Skip to main content

Recipe Composition Quality

Recipe Protocol v1 is a graph model, not just a linear automation script. Good recipes compose reusable setup, focused proof flows, assertions, and teardown so reviewers see the smallest useful proof while trace keeps the full story.

For the field-level schema, see Recipe Protocol v1.

Good recipe end state

A production-quality recipe should:

  1. map each acceptance criterion to an explicit proof target;
  2. use named setup/start-state flows instead of repeating boilerplate;
  3. begin proof from a declared domain baseline;
  4. record the smallest user-visible path that proves the claim;
  5. assert state before capturing evidence;
  6. keep setup in trace even when it is outside the proof video;
  7. avoid mid-recipe state mutation that fabricates proof.

Composition fields

FieldScopePurpose
usesrecipeFlow catalogs the recipe can call.
proofTargetsrecipeClaims or acceptance criteria proven by the recipe.
startStaterecipeOptional pre-proof call that converges baseline state.
callnode actionOfficial action for invoking a reusable flow.
phasenode/flowsetup, start_state, proof, assert, or teardown.
proofTargetnode/artifactMaps proof, assertion, or evidence to a claim.
recordnode/flownone, trace_only, proof_window, or failure_only.

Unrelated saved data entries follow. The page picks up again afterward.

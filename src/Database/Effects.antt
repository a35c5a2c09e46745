-- ===== src/Database/Effects.antt =====
-- Actions that only read, actions that never throw, and actions that leave nothing behind when they
-- throw.
use abyte_tex.Base.{◌≡◌, refl, sym, subst, ap, List, [], ◌∷◌, arith, Memᴰ}
use abyte_tex.Http.{Error, Result, ok, err}
use abyte_tex.Database.Tables.{Db}
use abyte_tex.Database.Actions.{Action, ◌>>=◌, transaction, for_each}
use abyte_tex.Database.Laws.{Ensures}

abbrev pub IsReading : {A : Type 0} → Action A → Type 0
IsReading m = (db : Db) → (m db).1 ≡ db

abbrev pub IsAtomic : {A : Type 0} → Action A → Type 0
IsAtomic m = (db : Db) (x : Error) → (m db).0 ≡ err x → (m db).1 ≡ db

abbrev pub Returns : {A : Type 0} → Result A → Type 0
Returns (ok a) = Unit
Returns (err e) = ⊥

abbrev pub IsTotal : {A : Type 0} → Action A → Type 0
IsTotal m = (db : Db) → Returns (m db).0

module _ {A B : Type 0} (m : Action A) (f : A → Action B) where
  pub IsReading-bind : IsReading m → ((a : A) → IsReading (f a)) → IsReading (m >>= f)
  IsReading-bind h k db = go (m db) (h db)
    where
      go :
          (r : Result A × Db)
          → r.1 ≡ db
          → (elim r.0 as (λ _. Result B × Db) [ ok a ↦ f a r.1 | err e ↦ (err e, r.1) ]).1 ≡ db
      go (ok a, d) e = subst (λ y. (f a y).1 ≡ db) (sym e) (k a db)
      go (err x, d) e = e

  pub IsAtomic-bind : IsReading m → ((a : A) → IsAtomic (f a)) → IsAtomic (m >>= f)
  IsAtomic-bind h k db x = go (m db) (h db)
    where
      go :
          (r : Result A × Db)
          → r.1 ≡ db
          → (elim r.0 as (λ _. Result B × Db) [ ok a ↦ f a r.1 | err e ↦ (err e, r.1) ]).0 ≡ err x
          → (elim r.0 as (λ _. Result B × Db) [ ok a ↦ f a r.1 | err e ↦ (err e, r.1) ]).1 ≡ db
      go (ok a, d) e = subst (λ y. (f a y).0 ≡ err x → (f a y).1 ≡ db) (sym e) (k a db x)
      go (err z, d) e = λ _. e

  -- What follows an atomic action must not throw.
  pub IsAtomic-then : IsAtomic m → ((a : A) → IsTotal (f a)) → IsAtomic (m >>= f)
  IsAtomic-then h k db x = go (m db) (h db)
    where
      fails : (r : Result B) → Returns r → r ≡ err x → ⊥
      fails (ok b) _ e = grind arith
      fails (err z) v _ = v

      go :
          (r : Result A × Db)
          → ((y : Error) → r.0 ≡ err y → r.1 ≡ db)
          → (elim r.0 as (λ _. Result B × Db) [ ok a ↦ f a r.1 | err e ↦ (err e, r.1) ]).0 ≡ err x
          → (elim r.0 as (λ _. Result B × Db) [ ok a ↦ f a r.1 | err e ↦ (err e, r.1) ]).1 ≡ db
      go (ok a, d) e p = absurd (fails (f a d).0 (k a d) p)
      go (err z, d) e _ = e z refl

pub IsAtomic-transaction : {A : Type 0} (m : Action A) → IsAtomic (transaction m)
IsAtomic-transaction {A = A} m db x = go (m db)
  where
    go :
        (r : Result A × Db)
        → (elim r.0 as (λ _. Result A × Db) [ ok a ↦ (ok a, r.1) | err e ↦ (err e, db) ]).0 ≡ err x
        → (elim r.0 as (λ _. Result A × Db) [ ok a ↦ (ok a, r.1) | err e ↦ (err e, db) ]).1 ≡ db
    go (ok a, d) e = grind arith
    go (err z, d) _ = refl

-- What an action that only reads ensures.
pub IsReading-Ensures :
    {A : Type 0} (I : Db → Type 0) (m : Action A) (db : Db)
    → IsReading m
    → I db
    → Ensures (λ _ d. I d) (m db)
IsReading-Ensures {A = A} I m db h i = go (m db) (h db)
  where
    go : (r : Result A × Db) → r.1 ≡ db → Ensures (λ _ d. I d) r
    go (ok a, d) e = subst I (sym e) i
    go (err z, d) _ = tt

-- What returned after an action that only reads: the action returned, and the rest returned on the
-- same database.
pub Returns-bind :
    {A B : Type 0} (m : Action A) (f : A → Action B) (db : Db)
    → IsReading m
    → Returns ((m >>= f) db).0
    → (a : A) × (m db ≡ (ok a, db)) × Returns (f a db).0
Returns-bind {A = A} {B = B} m f db h = go (m db) (h db)
  where
    go :
        (r : Result A × Db)
        → r.1 ≡ db
        → Returns (elim r.0 as (λ _. Result B × Db) [ ok a ↦ f a r.1 | err e ↦ (err e, r.1) ]).0
        → (a : A) × (r ≡ (ok a, db)) × Returns (f a db).0
    go (ok a, d) e k = (a, ap (λ x. (ok a, x)) e, subst (λ y. Returns (f a y).0) e k)
    go (err z, d) e k = absurd k

-- A loop of checks that returned has passed every element.
pub Returns-for_each :
    {A : Type 0} (xs : List A) (f : A → Action (Unit {0})) (db : Db) (x : A)
    → ((y : A) → IsReading (f y))
    → Memᴰ x xs
    → Returns (for_each xs f db).0
    → Returns (f x db).0
unfolding for_each
Returns-for_each [] f db x h m k = elim m [ ]
Returns-for_each (y ∷ ys) f db x h m k =
    let (u, e, rest) = Returns-bind (f y) (λ _. for_each ys f) db (h y) k in
    elim m [
      | Memᴰ.head p ↦ subst (λ z. Returns (f z db).0) (sym p) (subst (λ r. Returns r.0) (sym e) tt)
      | Memᴰ.tail n ↦ Returns-for_each ys f db x h n rest
    ]

-- What an action keeps when it returns, it keeps when it throws too, if it then leaves nothing.
pub Ensures-IsAtomic :
    {A : Type 0} (I : Db → Type 0) (m : Action A) (db : Db)
    → Ensures (λ _ d. I d) (m db)
    → IsAtomic m
    → I db
    → I (m db).1
Ensures-IsAtomic {A = A} I m db h a i = go (m db) h (a db)
  where
    go :
        (r : Result A × Db)
        → Ensures (λ _ d. I d) r
        → ((x : Error) → r.0 ≡ err x → r.1 ≡ db)
        → I r.1
    go (ok b, d) k _ = k
    go (err x, d) _ k = subst I (sym (k x refl)) i

pub IsTotal-bind :
    {A B : Type 0} (m : Action A) (f : A → Action B)
    → IsTotal m
    → ((a : A) → IsTotal (f a))
    → IsTotal (m >>= f)
IsTotal-bind {A = A} {B = B} m f h k db = go (m db) (h db)
  where
    go :
        (r : Result A × Db)
        → Returns r.0
        → Returns (elim r.0 as (λ _. Result B × Db) [ ok a ↦ f a r.1 | err e ↦ (err e, r.1) ]).0
    go (ok a, d) _ = k a d
    go (err x, d) v = v

pub IsTotal-for_each :
    {A : Type 0} (xs : List A) (f : A → Action (Unit {0}))
    → ((x : A) → IsTotal (f x))
    → IsTotal (for_each xs f)
unfolding for_each
IsTotal-for_each [] f h db = tt
IsTotal-for_each (x ∷ xs) f h db =
    IsTotal-bind (f x) (λ _. for_each xs f) (h x) (λ _. IsTotal-for_each xs f h) db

Flat recipes remain valid. Composition is additive: use it when reuse, branching, or focused proof windows make the result easier to maintain.

Start-state and ensure flows

Setup should be idempotent. A domain should expose one parameterized convergence flow instead of many near-duplicate variants.

{
"startState": {
"action": "call",
"ref": "checkout.ensure_cart",
"phase": "start_state",
"record": "trace_only",
"params": {
"items": [{ "sku": "test-shirt", "quantity": 1 }],
"user": "returning"
}
}
}

An ensure_* flow should:

  • inspect current state when possible;
  • perform only the transitions needed to reach the requested state;
  • expose typed parameters;
  • declare a postcondition;
  • fail if the postcondition cannot be proved.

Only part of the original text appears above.